Task requirements -
Going through the data below, copy out each line where the word "last" shows up.

======== Input ========

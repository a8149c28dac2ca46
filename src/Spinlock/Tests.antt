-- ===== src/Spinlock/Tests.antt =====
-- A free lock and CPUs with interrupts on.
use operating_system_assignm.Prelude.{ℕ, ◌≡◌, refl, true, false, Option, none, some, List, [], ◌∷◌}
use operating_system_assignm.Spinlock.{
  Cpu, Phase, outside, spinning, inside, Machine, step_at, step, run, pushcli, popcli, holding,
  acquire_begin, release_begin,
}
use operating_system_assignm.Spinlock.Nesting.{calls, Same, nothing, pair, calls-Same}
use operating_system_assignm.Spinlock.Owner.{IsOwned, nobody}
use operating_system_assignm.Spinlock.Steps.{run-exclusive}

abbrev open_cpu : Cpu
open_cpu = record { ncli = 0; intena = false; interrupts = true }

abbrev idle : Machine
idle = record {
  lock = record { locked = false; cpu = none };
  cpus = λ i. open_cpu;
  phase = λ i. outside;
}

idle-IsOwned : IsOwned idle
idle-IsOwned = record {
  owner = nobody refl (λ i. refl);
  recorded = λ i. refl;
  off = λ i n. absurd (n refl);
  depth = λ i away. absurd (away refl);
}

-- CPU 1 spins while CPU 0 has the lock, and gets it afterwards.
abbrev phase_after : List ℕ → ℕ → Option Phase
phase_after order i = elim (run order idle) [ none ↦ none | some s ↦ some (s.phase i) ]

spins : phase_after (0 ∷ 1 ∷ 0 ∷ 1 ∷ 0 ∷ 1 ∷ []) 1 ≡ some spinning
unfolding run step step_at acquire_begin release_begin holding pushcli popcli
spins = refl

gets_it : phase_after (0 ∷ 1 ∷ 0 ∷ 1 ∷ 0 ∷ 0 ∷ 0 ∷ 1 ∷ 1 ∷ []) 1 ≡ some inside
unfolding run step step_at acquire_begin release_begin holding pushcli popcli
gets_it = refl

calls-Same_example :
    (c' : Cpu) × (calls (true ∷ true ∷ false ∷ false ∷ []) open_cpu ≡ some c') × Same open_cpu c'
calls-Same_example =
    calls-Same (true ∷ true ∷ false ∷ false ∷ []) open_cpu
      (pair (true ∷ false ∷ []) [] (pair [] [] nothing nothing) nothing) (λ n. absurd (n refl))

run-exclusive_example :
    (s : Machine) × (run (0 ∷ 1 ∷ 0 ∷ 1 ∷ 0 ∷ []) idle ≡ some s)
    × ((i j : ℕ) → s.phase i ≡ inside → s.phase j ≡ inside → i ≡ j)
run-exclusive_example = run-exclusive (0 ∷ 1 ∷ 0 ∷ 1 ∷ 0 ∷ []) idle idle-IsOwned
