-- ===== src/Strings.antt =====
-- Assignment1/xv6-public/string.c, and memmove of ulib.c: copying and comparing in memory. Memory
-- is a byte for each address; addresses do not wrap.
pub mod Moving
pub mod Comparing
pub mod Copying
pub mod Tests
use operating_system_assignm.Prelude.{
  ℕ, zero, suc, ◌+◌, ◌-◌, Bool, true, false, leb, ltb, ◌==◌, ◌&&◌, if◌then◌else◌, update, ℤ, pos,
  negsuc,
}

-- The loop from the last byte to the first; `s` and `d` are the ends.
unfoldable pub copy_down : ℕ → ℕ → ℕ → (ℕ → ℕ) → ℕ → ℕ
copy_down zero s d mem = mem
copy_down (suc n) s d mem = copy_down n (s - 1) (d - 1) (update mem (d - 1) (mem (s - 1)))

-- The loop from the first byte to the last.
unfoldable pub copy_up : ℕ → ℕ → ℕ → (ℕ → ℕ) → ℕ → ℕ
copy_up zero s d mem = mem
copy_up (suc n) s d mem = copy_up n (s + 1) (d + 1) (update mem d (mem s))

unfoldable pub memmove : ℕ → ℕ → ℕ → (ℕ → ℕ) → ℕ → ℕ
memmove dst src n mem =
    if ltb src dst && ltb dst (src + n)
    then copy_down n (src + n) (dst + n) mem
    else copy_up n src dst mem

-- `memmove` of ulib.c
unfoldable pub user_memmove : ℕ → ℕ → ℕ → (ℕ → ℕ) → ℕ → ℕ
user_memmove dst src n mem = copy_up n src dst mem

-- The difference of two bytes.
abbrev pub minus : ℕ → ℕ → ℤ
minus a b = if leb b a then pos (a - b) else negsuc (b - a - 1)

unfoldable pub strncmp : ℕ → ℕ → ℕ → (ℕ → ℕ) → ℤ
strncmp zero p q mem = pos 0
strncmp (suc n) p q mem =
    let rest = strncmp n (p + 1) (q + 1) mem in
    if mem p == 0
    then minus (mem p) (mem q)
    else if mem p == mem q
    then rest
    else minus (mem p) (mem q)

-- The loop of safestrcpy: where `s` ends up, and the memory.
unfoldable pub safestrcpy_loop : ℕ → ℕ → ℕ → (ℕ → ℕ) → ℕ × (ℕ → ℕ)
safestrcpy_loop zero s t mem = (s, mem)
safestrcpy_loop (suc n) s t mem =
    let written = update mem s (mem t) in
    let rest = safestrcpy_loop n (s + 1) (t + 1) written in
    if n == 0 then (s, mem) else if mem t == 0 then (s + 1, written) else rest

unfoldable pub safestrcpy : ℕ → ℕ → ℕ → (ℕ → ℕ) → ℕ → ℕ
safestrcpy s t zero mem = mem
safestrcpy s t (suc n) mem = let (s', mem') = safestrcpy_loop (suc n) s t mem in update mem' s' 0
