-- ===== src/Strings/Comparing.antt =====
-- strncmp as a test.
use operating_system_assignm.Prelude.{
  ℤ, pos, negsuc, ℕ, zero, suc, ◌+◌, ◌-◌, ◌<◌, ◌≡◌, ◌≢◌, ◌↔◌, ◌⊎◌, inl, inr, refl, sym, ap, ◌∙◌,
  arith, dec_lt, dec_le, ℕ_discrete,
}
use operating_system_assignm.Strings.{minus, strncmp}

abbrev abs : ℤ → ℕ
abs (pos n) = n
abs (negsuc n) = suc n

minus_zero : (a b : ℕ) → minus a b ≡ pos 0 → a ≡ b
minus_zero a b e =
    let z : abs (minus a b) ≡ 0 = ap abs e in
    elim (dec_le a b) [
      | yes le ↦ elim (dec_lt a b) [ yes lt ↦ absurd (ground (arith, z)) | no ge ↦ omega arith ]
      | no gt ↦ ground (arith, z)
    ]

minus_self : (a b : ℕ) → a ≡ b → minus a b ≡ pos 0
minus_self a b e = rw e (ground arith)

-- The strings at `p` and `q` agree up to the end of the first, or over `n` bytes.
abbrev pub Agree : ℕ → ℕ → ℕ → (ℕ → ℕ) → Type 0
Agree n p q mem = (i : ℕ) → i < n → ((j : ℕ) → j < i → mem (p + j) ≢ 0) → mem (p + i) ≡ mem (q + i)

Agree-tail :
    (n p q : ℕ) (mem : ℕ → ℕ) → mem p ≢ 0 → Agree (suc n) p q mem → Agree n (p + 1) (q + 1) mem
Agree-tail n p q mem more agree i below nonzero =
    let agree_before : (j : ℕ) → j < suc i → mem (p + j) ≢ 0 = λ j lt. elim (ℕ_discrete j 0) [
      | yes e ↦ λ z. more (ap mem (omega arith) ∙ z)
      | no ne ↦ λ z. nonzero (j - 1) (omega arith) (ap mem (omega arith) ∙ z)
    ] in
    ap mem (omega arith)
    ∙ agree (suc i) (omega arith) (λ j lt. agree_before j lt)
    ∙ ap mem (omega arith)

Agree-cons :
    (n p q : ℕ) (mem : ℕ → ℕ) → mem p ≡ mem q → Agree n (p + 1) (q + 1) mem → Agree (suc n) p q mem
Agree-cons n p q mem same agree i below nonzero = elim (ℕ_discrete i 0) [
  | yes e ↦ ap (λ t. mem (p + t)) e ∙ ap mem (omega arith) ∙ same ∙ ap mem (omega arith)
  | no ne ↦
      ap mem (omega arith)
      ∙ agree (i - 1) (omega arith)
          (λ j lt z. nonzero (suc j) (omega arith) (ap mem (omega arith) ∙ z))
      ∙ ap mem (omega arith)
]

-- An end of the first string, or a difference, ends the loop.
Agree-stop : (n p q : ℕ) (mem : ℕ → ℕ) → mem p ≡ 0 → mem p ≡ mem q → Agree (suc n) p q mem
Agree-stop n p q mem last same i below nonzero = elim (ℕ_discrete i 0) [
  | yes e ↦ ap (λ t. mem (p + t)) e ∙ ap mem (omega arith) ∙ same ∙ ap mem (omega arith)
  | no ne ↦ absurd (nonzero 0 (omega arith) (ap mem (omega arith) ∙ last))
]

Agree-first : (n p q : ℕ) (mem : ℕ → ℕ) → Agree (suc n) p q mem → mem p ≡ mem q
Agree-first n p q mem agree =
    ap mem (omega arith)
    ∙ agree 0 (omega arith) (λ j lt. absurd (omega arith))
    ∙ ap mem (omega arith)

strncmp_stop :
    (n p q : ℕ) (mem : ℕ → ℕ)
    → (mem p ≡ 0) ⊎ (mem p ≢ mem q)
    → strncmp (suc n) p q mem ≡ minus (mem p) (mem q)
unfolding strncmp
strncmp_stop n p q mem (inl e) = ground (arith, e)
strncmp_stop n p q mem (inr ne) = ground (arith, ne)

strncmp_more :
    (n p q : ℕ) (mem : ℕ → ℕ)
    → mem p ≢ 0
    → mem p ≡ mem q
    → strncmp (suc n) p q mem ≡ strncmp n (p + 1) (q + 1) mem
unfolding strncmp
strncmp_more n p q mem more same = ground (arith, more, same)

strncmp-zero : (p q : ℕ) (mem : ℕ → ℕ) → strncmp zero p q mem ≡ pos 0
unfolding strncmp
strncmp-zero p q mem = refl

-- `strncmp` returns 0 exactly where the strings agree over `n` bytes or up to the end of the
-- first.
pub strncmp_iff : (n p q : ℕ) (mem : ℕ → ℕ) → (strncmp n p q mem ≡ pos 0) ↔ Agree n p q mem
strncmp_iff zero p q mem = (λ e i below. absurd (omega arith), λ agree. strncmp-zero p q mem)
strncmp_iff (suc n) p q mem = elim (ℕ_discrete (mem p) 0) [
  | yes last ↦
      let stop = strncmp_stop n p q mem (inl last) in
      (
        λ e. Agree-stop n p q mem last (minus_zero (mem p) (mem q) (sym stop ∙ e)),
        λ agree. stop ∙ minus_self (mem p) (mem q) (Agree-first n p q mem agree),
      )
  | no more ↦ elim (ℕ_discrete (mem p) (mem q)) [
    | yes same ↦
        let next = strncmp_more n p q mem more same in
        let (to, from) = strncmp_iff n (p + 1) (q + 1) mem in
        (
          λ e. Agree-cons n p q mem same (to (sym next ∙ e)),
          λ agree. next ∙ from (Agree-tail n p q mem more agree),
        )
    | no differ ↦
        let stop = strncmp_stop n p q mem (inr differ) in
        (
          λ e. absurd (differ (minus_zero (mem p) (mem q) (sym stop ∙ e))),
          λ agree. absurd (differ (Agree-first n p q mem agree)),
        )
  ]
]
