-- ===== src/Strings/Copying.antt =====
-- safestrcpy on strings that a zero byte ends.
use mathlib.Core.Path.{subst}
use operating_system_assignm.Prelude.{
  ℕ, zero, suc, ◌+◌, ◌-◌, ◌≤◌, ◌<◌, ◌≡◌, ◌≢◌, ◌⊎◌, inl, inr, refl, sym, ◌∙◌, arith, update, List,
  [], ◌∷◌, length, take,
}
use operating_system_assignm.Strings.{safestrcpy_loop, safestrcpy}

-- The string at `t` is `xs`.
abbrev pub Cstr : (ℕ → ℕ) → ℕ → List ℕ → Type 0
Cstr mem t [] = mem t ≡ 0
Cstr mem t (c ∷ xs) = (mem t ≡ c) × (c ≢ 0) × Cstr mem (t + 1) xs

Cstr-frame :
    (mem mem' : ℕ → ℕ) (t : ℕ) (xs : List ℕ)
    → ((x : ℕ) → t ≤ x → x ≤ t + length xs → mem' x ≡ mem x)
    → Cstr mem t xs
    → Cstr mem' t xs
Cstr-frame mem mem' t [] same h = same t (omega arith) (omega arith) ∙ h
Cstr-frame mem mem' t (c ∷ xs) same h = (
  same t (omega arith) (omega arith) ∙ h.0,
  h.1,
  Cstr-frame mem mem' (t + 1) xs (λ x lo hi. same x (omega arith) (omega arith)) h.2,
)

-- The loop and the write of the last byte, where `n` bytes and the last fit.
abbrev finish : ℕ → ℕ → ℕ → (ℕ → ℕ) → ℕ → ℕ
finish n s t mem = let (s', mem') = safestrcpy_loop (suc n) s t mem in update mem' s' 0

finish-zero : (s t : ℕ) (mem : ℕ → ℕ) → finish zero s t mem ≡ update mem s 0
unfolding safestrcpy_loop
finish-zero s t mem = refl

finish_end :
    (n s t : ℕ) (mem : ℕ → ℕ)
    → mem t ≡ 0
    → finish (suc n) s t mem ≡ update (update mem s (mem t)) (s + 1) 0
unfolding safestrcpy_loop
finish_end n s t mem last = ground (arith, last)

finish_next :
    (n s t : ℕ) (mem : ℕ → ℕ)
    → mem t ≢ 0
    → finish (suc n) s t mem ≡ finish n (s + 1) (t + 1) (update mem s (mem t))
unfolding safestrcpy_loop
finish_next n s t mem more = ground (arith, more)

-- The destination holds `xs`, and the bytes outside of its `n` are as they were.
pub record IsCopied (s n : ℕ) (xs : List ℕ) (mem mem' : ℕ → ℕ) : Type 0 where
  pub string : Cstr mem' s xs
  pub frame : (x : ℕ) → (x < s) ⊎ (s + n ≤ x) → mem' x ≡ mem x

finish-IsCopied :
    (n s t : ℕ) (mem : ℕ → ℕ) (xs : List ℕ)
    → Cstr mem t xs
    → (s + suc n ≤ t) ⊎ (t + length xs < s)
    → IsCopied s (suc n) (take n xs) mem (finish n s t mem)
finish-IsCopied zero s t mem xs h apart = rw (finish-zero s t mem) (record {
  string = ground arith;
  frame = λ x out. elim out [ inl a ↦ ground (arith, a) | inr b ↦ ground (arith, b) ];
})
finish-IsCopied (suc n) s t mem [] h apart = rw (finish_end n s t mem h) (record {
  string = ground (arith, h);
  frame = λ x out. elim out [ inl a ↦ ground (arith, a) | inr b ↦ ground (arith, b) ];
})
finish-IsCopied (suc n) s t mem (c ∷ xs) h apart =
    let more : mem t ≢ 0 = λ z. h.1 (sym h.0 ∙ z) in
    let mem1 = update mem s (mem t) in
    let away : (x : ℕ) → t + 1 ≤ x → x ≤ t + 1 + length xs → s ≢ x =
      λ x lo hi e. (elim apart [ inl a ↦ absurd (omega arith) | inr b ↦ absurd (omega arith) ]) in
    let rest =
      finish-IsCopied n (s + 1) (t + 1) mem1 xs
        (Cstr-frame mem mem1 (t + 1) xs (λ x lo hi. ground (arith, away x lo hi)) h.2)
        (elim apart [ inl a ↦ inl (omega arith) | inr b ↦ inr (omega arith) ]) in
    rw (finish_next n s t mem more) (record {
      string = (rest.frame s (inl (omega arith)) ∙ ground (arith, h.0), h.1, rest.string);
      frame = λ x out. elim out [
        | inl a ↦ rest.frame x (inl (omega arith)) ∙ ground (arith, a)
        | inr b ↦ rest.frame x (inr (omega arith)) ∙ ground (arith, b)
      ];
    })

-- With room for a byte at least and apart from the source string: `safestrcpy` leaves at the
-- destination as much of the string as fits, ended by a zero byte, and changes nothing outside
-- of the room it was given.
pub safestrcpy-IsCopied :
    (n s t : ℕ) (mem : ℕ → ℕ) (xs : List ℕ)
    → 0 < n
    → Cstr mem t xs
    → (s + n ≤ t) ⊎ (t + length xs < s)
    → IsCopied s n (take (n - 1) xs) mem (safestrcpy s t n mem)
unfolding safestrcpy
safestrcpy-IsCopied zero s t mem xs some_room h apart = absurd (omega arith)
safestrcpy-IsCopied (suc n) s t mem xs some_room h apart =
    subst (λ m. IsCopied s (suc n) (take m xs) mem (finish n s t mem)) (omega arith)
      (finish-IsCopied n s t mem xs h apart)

========

Problem solution -
-- The loop from the last byte to the first; `s` and `d` are the ends.
-- The loop from the first byte to the last.
Agree-stop n p q mem last same i below nonzero = elim (ℕ_discrete i 0) [
  | no ne ↦ absurd (nonzero 0 (omega arith) (ap mem (omega arith) ∙ last))
  | yes last ↦
      let stop = strncmp_stop n p q mem (inl last) in
        λ e. Agree-stop n p q mem last (minus_zero (mem p) (mem q) (sym stop ∙ e)),
-- The loop and the write of the last byte, where `n` bytes and the last fit.
finish_end n s t mem last = ground (arith, last)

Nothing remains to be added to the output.